The Shire of Shark Bay is a local government area of Western Australia in the Gascoyne region.  It has an area of 25,423 km2 and a population of about 950.  It is made up of two peninsulas and Shark Bay, located at the westernmost point of Australia.  There is one town in the Shire of Shark Bay, Denham, which is the administrative centre for the Shire.  There are also a number of small communities; they are Useless Loop (a now-closed mining site), Monkey Mia (a popular resort where dolphins come in), Nanga and Hamelin Pool. The Overlander and The Billabong are roadhouses.

History
The Shark Bay Road District was gazetted on 13 May 1904. In 1951 the then current officials were dismissed. On 1 July 1961, it became a shire under the Local Government Act 1960, which reformed all remaining road districts into shires.

Wards
The Shire is divided into three wards:

 Denham Ward (five councillors)
 Pastoral Ward (one councillor)
 Useless Loop Ward (one councillor)

Towns and localities
The towns and localities of the Shire of Shark Bay with population and size figures based on the most recent Australian census:

Economy
Major employers include the salt works at Useless Loop along with the fishing industry and the various retail outlets meeting the needs of the tourist industry. There are some 30 personnel employed by the Department of Environment and Conservation and twenty by the Shire. There is a primary school and a Distance Education structured secondary school. Numbers of school aged children fluctuate around the 100 mark. The Police Station is manned by 3 officers.

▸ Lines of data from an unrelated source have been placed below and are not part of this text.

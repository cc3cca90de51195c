-- ===== src/Catalogue.antt =====
-- The actions that each transport announces, with their safety classes: Capabilities of
-- internal/transport/graph/transport.go and internal/transport/ews/transport.go, the tables of
-- internal/transport/owa/capabilities.go, and the test double of internal/transport/fake/fake.go.
pub mod Classes
use outlook_agent.Prelude.{List, String, [], ◌++◌, ◌∷◌}
use outlook_agent.Policy.{
  SafetyClass, destructive, draft_only, read_attachment_explicit, read_body_explicit, read_metadata,
  reversible_bulk, send_like, settings_or_rules, unknown,
}
use outlook_agent.Action.{CoverageLevel, Definition, high_level_mcp_tool, raw_guarded_execution}

abbrev pub entry : CoverageLevel → String → String → SafetyClass → Definition
entry level transport name class = record {
  name = name;
  transport = transport;
  description = "";
  class = class;
  level = level;
}

-- raw of internal/transport/owa/capabilities.go
abbrev pub raw : String → SafetyClass → Definition
raw name class = entry raw_guarded_execution "owa" name class

-- rawRead
abbrev pub raw_read : String → Definition
raw_read name = raw name read_metadata

-- Transport.Capabilities of the Graph transport
abbrev pub graph_capabilities : List Definition
graph_capabilities =
    entry raw_guarded_execution "graph" "GetMailFolder" read_metadata
    ∷ entry raw_guarded_execution "graph" "GraphRequest" destructive
    ∷ entry high_level_mcp_tool "graph" "mail.search" read_metadata
    ∷ entry high_level_mcp_tool "graph" "mail.search_next" read_metadata
    ∷ entry high_level_mcp_tool "graph" "mail.fetch_metadata" read_metadata
    ∷ entry high_level_mcp_tool "graph" "mail.fetch_body" read_body_explicit
    ∷ entry high_level_mcp_tool "graph" "mail.list_attachments" read_attachment_explicit
    ∷ entry high_level_mcp_tool "graph" "mail.fetch_attachment" read_attachment_explicit
    ∷ entry high_level_mcp_tool "graph" "mail.create_draft" draft_only
    ∷ entry high_level_mcp_tool "graph" "mail.send_draft" send_like
    ∷ entry high_level_mcp_tool "graph" "mail.create_reply_draft" draft_only
    ∷ entry high_level_mcp_tool "graph" "mail.create_reply_all_draft" draft_only
    ∷ entry high_level_mcp_tool "graph" "mail.create_forward_draft" draft_only
    ∷ entry high_level_mcp_tool "graph" "mail.move_to_deleted_items" reversible_bulk
    ∷ entry high_level_mcp_tool "graph" "mail.move_to_folder" reversible_bulk
    ∷ entry high_level_mcp_tool "graph" "mail.archive" reversible_bulk
    ∷ entry high_level_mcp_tool "graph" "mail.flag" reversible_bulk
    ∷ entry high_level_mcp_tool "graph" "mail.categorize" reversible_bulk
    ∷ entry high_level_mcp_tool "graph" "mail.mark_read" reversible_bulk
    ∷ entry high_level_mcp_tool "graph" "mail.rules.list" read_metadata
    ∷ entry high_level_mcp_tool "graph" "mail.rules.set_enabled" settings_or_rules
    ∷ entry high_level_mcp_tool "graph" "mailbox.settings.get" read_metadata
    ∷ entry high_level_mcp_tool "graph" "people.search" read_metadata
    ∷ entry high_level_mcp_tool "graph" "people.resolve" read_metadata
    ∷ entry high_level_mcp_tool "graph" "calendar.list" read_metadata
    ∷ entry high_level_mcp_tool "graph" "calendar.availability" read_metadata
    ∷ entry high_level_mcp_tool "graph" "calendar.find_time" read_metadata
    ∷ entry high_level_mcp_tool "graph" "calendar.respond" send_like
    ∷ entry high_level_mcp_tool "graph" "calendar.create_meeting" send_like
    ∷ []

-- Transport.Capabilities of the EWS transport
abbrev pub ews_capabilities : List Definition
ews_capabilities =
    entry raw_guarded_execution "ews" "GetFolder" read_metadata
    ∷ entry high_level_mcp_tool "ews" "mail.search" read_metadata
    ∷ entry high_level_mcp_tool "ews" "mail.fetch_metadata" read_metadata
    ∷ entry high_level_mcp_tool "ews" "mail.fetch_body" read_body_explicit
    ∷ entry high_level_mcp_tool "ews" "calendar.list" read_metadata
    ∷ entry high_level_mcp_tool "ews" "calendar.availability" read_metadata
    ∷ entry raw_guarded_execution "ews" "EWSRequest" destructive
    ∷ []

-- highLevelCapabilities
abbrev pub high_level_capabilities : List Definition
high_level_capabilities =
    entry high_level_mcp_tool "owa" "mail.search" read_metadata
    ∷ entry high_level_mcp_tool "owa" "mail.fetch_metadata" read_metadata
    ∷ entry high_level_mcp_tool "owa" "mail.fetch_body" read_body_explicit
    ∷ entry high_level_mcp_tool "owa" "mail.list_attachments" read_attachment_explicit
    ∷ entry high_level_mcp_tool "owa" "mail.fetch_attachment" read_attachment_explicit
    ∷ entry high_level_mcp_tool "owa" "mail.create_draft" draft_only
    ∷ entry high_level_mcp_tool "owa" "mail.move_to_folder" reversible_bulk
    ∷ entry high_level_mcp_tool "owa" "mail.archive" reversible_bulk
    ∷ entry high_level_mcp_tool "owa" "mail.move_to_deleted_items" reversible_bulk
    ∷ entry high_level_mcp_tool "owa" "people.search" read_metadata
    ∷ entry high_level_mcp_tool "owa" "people.resolve" read_metadata
    ∷ entry high_level_mcp_tool "owa" "calendar.list" read_metadata
    ∷ entry high_level_mcp_tool "owa" "calendar.availability" read_metadata
    ∷ entry high_level_mcp_tool "owa" "calendar.find_time" read_metadata
    ∷ entry high_level_mcp_tool "owa" "calendar.create_meeting" send_like
    ∷ entry high_level_mcp_tool "owa" "calendar.cancel_meeting" send_like
    ∷ entry high_level_mcp_tool "owa" "calendar.delete_event" reversible_bulk
    ∷ []

-- rawServiceCapabilities
abbrev pub raw_service_capabilities : List Definition
raw_service_capabilities =
    raw_read "ConvertId"
    ∷ raw_read "ExpandDL"
    ∷ raw_read "FindConversation"
    ∷ raw_read "FindFolder"
    ∷ raw_read "FindItem"
    ∷ raw_read "FindPeople"
    ∷ raw_read "GetCalendarView"
    ∷ raw_read "GetConversationItems"
    ∷ raw_read "GetFolder"
    ∷ raw_read "GetMailTips"
    ∷ raw_read "GetPersona"
    ∷ raw_read "GetReminders"
    ∷ raw_read "GetRoomLists"
    ∷ raw_read "GetRooms"
    ∷ raw_read "GetServerTimeZones"
    ∷ raw_read "GetServiceConfiguration"
    ∷ raw_read "GetSharingFolder"
    ∷ raw_read "GetSharingMetadata"
    ∷ raw_read "GetUserAvailability"
    ∷ raw_read "GetUserAvailabilityInternal"
    ∷ raw_read "GetUserPhoto"
    ∷ raw_read "GetUserRetentionPolicyTags"
    ∷ raw_read "ResolveNames"
    ∷ raw_read "SyncFolderHierarchy"
    ∷ raw_read "SyncFolderItems"
    ∷ raw "GetAttachment" read_attachment_explicit
    ∷ raw "GetItem" read_body_explicit
    ∷ raw "NotificationSubscribe" settings_or_rules
    ∷ raw "SearchMailboxes" unknown
    ∷ raw "ArchiveItem" reversible_bulk
    ∷ raw "CopyFolder" reversible_bulk
    ∷ raw "CopyItem" reversible_bulk
    ∷ raw "CreateAttachment" reversible_bulk
    ∷ raw "CreateFolder" settings_or_rules
    ∷ raw "CreateFolderPath" settings_or_rules
    ∷ raw "MarkAllItemsAsRead" reversible_bulk
    ∷ raw "MarkAsJunk" reversible_bulk
    ∷ raw "MoveFolder" reversible_bulk
    ∷ raw "MoveItem" reversible_bulk
    ∷ raw "PerformReminderAction" reversible_bulk
    ∷ raw "CreateItem" send_like
    ∷ raw "SendItem" send_like
    ∷ raw "ApplyBulkItemAction" destructive
    ∷ raw "ApplyConversationAction" destructive
    ∷ raw "ApplyMessageAction" destructive
    ∷ raw "DeleteAttachment" destructive
    ∷ raw "DeleteFolder" destructive
    ∷ raw "DeleteItem" destructive
    ∷ raw "EmptyFolder" destructive
    ∷ raw "CreateSweepRuleForSender" settings_or_rules
    ∷ raw "GetInboxRules" settings_or_rules
    ∷ raw "GetUserOofSettings" settings_or_rules
    ∷ raw "UpdateFolder" settings_or_rules
    ∷ raw "UpdateItem" settings_or_rules
    ∷ raw "UpdateUserConfiguration" settings_or_rules
    ∷ []

-- Transport.Capabilities of the OWA transport
abbrev pub owa_capabilities : List Definition
owa_capabilities = high_level_capabilities ++ raw_service_capabilities

-- the actions of the test double
abbrev pub fake_actions : List Definition
fake_actions =
    entry high_level_mcp_tool "fake" "mail.search" read_metadata
    ∷ entry high_level_mcp_tool "fake" "mail.fetch_metadata" read_metadata
    ∷ entry high_level_mcp_tool "fake" "mail.fetch_body" read_body_explicit
    ∷ entry high_level_mcp_tool "fake" "mail.list_attachments" read_attachment_explicit
    ∷ entry high_level_mcp_tool "fake" "mail.fetch_attachment" read_attachment_explicit
    ∷ entry high_level_mcp_tool "fake" "mail.create_draft" draft_only
    ∷ entry high_level_mcp_tool "fake" "mail.send_draft" send_like
    ∷ entry high_level_mcp_tool "fake" "mail.create_reply_draft" draft_only
    ∷ entry high_level_mcp_tool "fake" "mail.create_reply_all_draft" draft_only
    ∷ entry high_level_mcp_tool "fake" "mail.create_forward_draft" draft_only
    ∷ entry high_level_mcp_tool "fake" "mail.move_to_deleted_items" reversible_bulk
    ∷ entry high_level_mcp_tool "fake" "mail.move_to_folder" reversible_bulk
    ∷ entry high_level_mcp_tool "fake" "mail.archive" reversible_bulk
    ∷ entry high_level_mcp_tool "fake" "mail.flag" reversible_bulk
    ∷ entry high_level_mcp_tool "fake" "mail.categorize" reversible_bulk
    ∷ entry high_level_mcp_tool "fake" "mail.mark_read" reversible_bulk
    ∷ entry high_level_mcp_tool "fake" "mail.rules.list" read_metadata
    ∷ entry high_level_mcp_tool "fake" "mail.rules.set_enabled" settings_or_rules
    ∷ entry high_level_mcp_tool "fake" "mailbox.settings.get" read_metadata
    ∷ entry high_level_mcp_tool "fake" "people.search" read_metadata
    ∷ entry high_level_mcp_tool "fake" "people.resolve" read_metadata
    ∷ entry high_level_mcp_tool "fake" "calendar.list" read_metadata
    ∷ entry high_level_mcp_tool "fake" "calendar.availability" read_metadata
    ∷ entry high_level_mcp_tool "fake" "calendar.find_time" read_metadata
    ∷ entry high_level_mcp_tool "fake" "calendar.respond" send_like
    ∷ entry high_level_mcp_tool "fake" "calendar.create_meeting" send_like
    ∷ entry high_level_mcp_tool "fake" "calendar.delete_event" reversible_bulk
    ∷ entry high_level_mcp_tool "fake" "calendar.cancel_meeting" send_like
    ∷ []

Local industries include tourism, fishing, salt, pearl marine culturing, mining of shell grit and various pastoral activities.

Tourism
The creation of the Shark Bay World Heritage Site has created significant impact on the community within the shire area.

Community
The Shire council produced a community newsletter title the Inscription Post from 1989 until January 2011 when it was produced by the Shark Bay Community Resource Centre.

Climate
The Shire of Shark Bay has a mild arid tropical climate, with mean daily maximum temperatures ranging from 22 °C (72 °F) in July to 32 °C (90 °F) in February.  Rainfall is low and variable, with most rain falling in the winter months and a certain amount due to cyclone activity.  The average annual rainfall is 228 mm.

Population

Heritage-listed places

As of 2021, 53 places are heritage-listed in the Shire of Shark Bay, of which three are on the State Register of Heritage Places, all on Dirk Hartog Island.